Making a great film is a big task. But making a great “bad” movie is more challenging. Steven Kostanski has made the big bad movie his calling card: No one elevates trash to treasure like the Canadian FX makeup maven turned director whose skills manage to transcend pastiches and defy indie budgets in films like… into a full-blown spectacle Manborg And PG: Psycho Goreman should put him in a league with those like that Licorice pizza Director Paul Thomas Anderson. That will never happen though – the masses out here have no respect for cheese!!
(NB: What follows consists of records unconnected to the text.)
-- ===== src/AgentCore/InFlight/Schedules.antt =====
-- What holds of the steps of several threads, and what does not.
use latiq.Prelude.{
  String, true, false, ◌≡◌, inl, inr, List, [], ◌∷◌, some, ◌==◌, string_eq, nat_eq, arith, eqb_iff,
  eq_iff, any, find, All, Option-cases,
}
use latiq.AgentCore.InFlight.{
  Token, Entry, InFlight, has_op, is_cancelled, is_dropping, insert, check_tombstone, enter,
  complete, cancel, cancel_for_pond, tombstone, end_drop, Step, checks, enters, completes, cancels,
  tombstones, cancels_for, ends_drop, step, run,
}
use latiq.AgentCore.InFlight.Laws.{any-tokens_on, tokens_on-fresh}

step-is_cancelled :
    (x : Step) (s : InFlight) (t : Token)
    → is_cancelled s t ≡ true
    → is_cancelled (step x s) t ≡ true
unfolding step check_tombstone enter complete cancel tombstone cancel_for_pond end_drop any
step-is_cancelled (checks e) s t h = ground arith
step-is_cancelled (enters e) s t h = h
step-is_cancelled (completes op) s t h = h
step-is_cancelled (cancels op) s t h = elim (Option-cases (find (has_op op) s.map)) [
  | inl e ↦ rw (e, cancel) h
  | inr (y, e) ↦ rw (e, cancel) (ground arith)
]
step-is_cancelled (tombstones pond) s t h = h
step-is_cancelled (cancels_for pond) s t h = any-tokens_on pond s.map s.cancelled t h
step-is_cancelled (ends_drop pond) s t h = h

-- No step of any thread takes a cancellation back.
pub run-is_cancelled :
    (xs : List Step) (s : InFlight) (t : Token)
    → is_cancelled s t ≡ true
    → is_cancelled (run xs s) t ≡ true
unfolding run
run-is_cancelled [] s t h = h
run-is_cancelled (x ∷ xs) s t h = run-is_cancelled xs (step x s) t (step-is_cancelled x s t h)

-- An operation that reads the tombstones while its pond is being dropped stays cancelled, whatever any
-- thread does afterwards.
pub run-doomed :
    (e : Entry) (pond : String) (xs : List Step) (s : InFlight)
    → e.pond_id ≡ some pond
    → is_dropping s pond ≡ true
    → is_cancelled (run (checks e ∷ xs) s) e.token ≡ true
unfolding run step check_tombstone any
run-doomed e pond xs s at_pond dropped =
    run-is_cancelled xs (check_tombstone e s) e.token
      (rw (at_pond, check_tombstone) (rw dropped (ground (arith, eqb_iff e.token e.token))))

-- `register` and `begin_drop` interleave so that the drop misses the operation: it has read the
-- tombstones before the pond's was set and enters the map after the loop has passed, and runs
-- with a live token on a pond that is being dropped.
pub run-misses :
    (op : String) (t : Token) (pond : String) (s : InFlight)
    → is_dropping s pond ≡ false
    → is_cancelled s t ≡ false
    → All (λ x. (x.token == t) ≡ false) s.map
    → let e : Entry = record { op_id = op; token = t; pond_id = some pond } in
      let s' = run (checks e ∷ tombstones pond ∷ cancels_for pond ∷ enters e ∷ []) s in
      (is_dropping s' pond ≡ true)
      × (any (λ x. x.token == t) s'.map ≡ true)
      × (is_cancelled s' t ≡ false)
unfolding run step check_tombstone enter tombstone cancel_for_pond any insert
run-misses op t pond s free live fresh = (
  rw free (ground (arith, eq_iff pond pond)),
  ground (arith, eqb_iff t t),
  rw free (tokens_on-fresh pond t s.map s.cancelled fresh live),
)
And that’s okay. But for those who understand: Kostanski’s latest film, Frankie freakois another crazy goofball odyssey full of dolls, slime and FREEEAAAAKO-ING OUT, MAN. 2024 isn’t necessarily the ideal time for a mashup Ghoulies And Children’s trash can
Frankie freako Starring Kostanski regular Conor Sweeney, Conor plays Conor, a classic ’80s yuppie who has become so overwhelmed by office life that he can’t satisfy the sexual needs of his sculptor wife Kristina (Kristy Wordsworth). When Kristina leaves town to work on the weekend, the stubborn Schlub secretly decides to stay home and dust off the CD rack. These plans are interrupted by an intriguing advertisement for the services of one Frankie Freako. Knowing deep down that he needs the push of a self-proclaimed “party king,” Conor summons Frankie with a simple 1-900 call – and immediately regrets the decision. Along with two of his fellow freaks, Dottie Dunko, the cowgirl, and Boink Bardo, who says nothing but “Sha-ba-doo!”, Frankie wreaks havoc on Conors in an extended killing spree that Kostanski stages like live action house Whac-a-Mole
Kostanski could have been content to just fool around living beings and the joys of bad horror movie dialogue with Frankie freako. Sweeney nails the cadence of every schlock actor he’s harassed Mystery Science Theater 3000and Kostanski’s script delights him with groan-worthy one-liners that make a knowing audience laugh. The scenes in which the Freakos run amok are at once familiar and extraordinary: as Conor’s house is destroyed, every bit of vulgar, graffitied profanity or destroyed wall art seems perfectly placed and full of character. While Wes Anderson’s attention to detail is easier to see, the Frankie freako The production design team is equally dedicated to wowing viewers with every frame.
But Kostanski isn’t content with a monotonous 90-minute joke. After chasing the freakos with a pistol for a while, Conor learns an important lesson about why the freaks are so damn freaky – and is soon transported to Freakworld to face the freaklord Munch and his battalion of mechanical freak killers. Through a mix of lo-fi CG and grotesque latex creations, Kostanski sends Conor through Freakworld, a cartoonish nightmare landscape that comes to life like Ralph Bakshi’s animation. The setting feels dingy and alive in a way that films 10 or 20 times the budget (speaking of) would Beetlejuice
This craft, combined with the wailing guitar and a bit of world-building, elevates the mood Frankie freako from pure parody into a hybrid subgenre of real value, which Kostanski essentially owns. At a time when horror can feel like a studio executive’s dumping ground for cheap labor and attempts to push genre boundaries make less commercial sense, it’s exciting to see a director like Kostanski go all out on an absurd script and execution as seriously as Ridley Scott would with a historical epic.
In a way, it’s the Frankie Freako way: no half measures. Just crazy measures.
Frankie freako hits theaters on October 4th.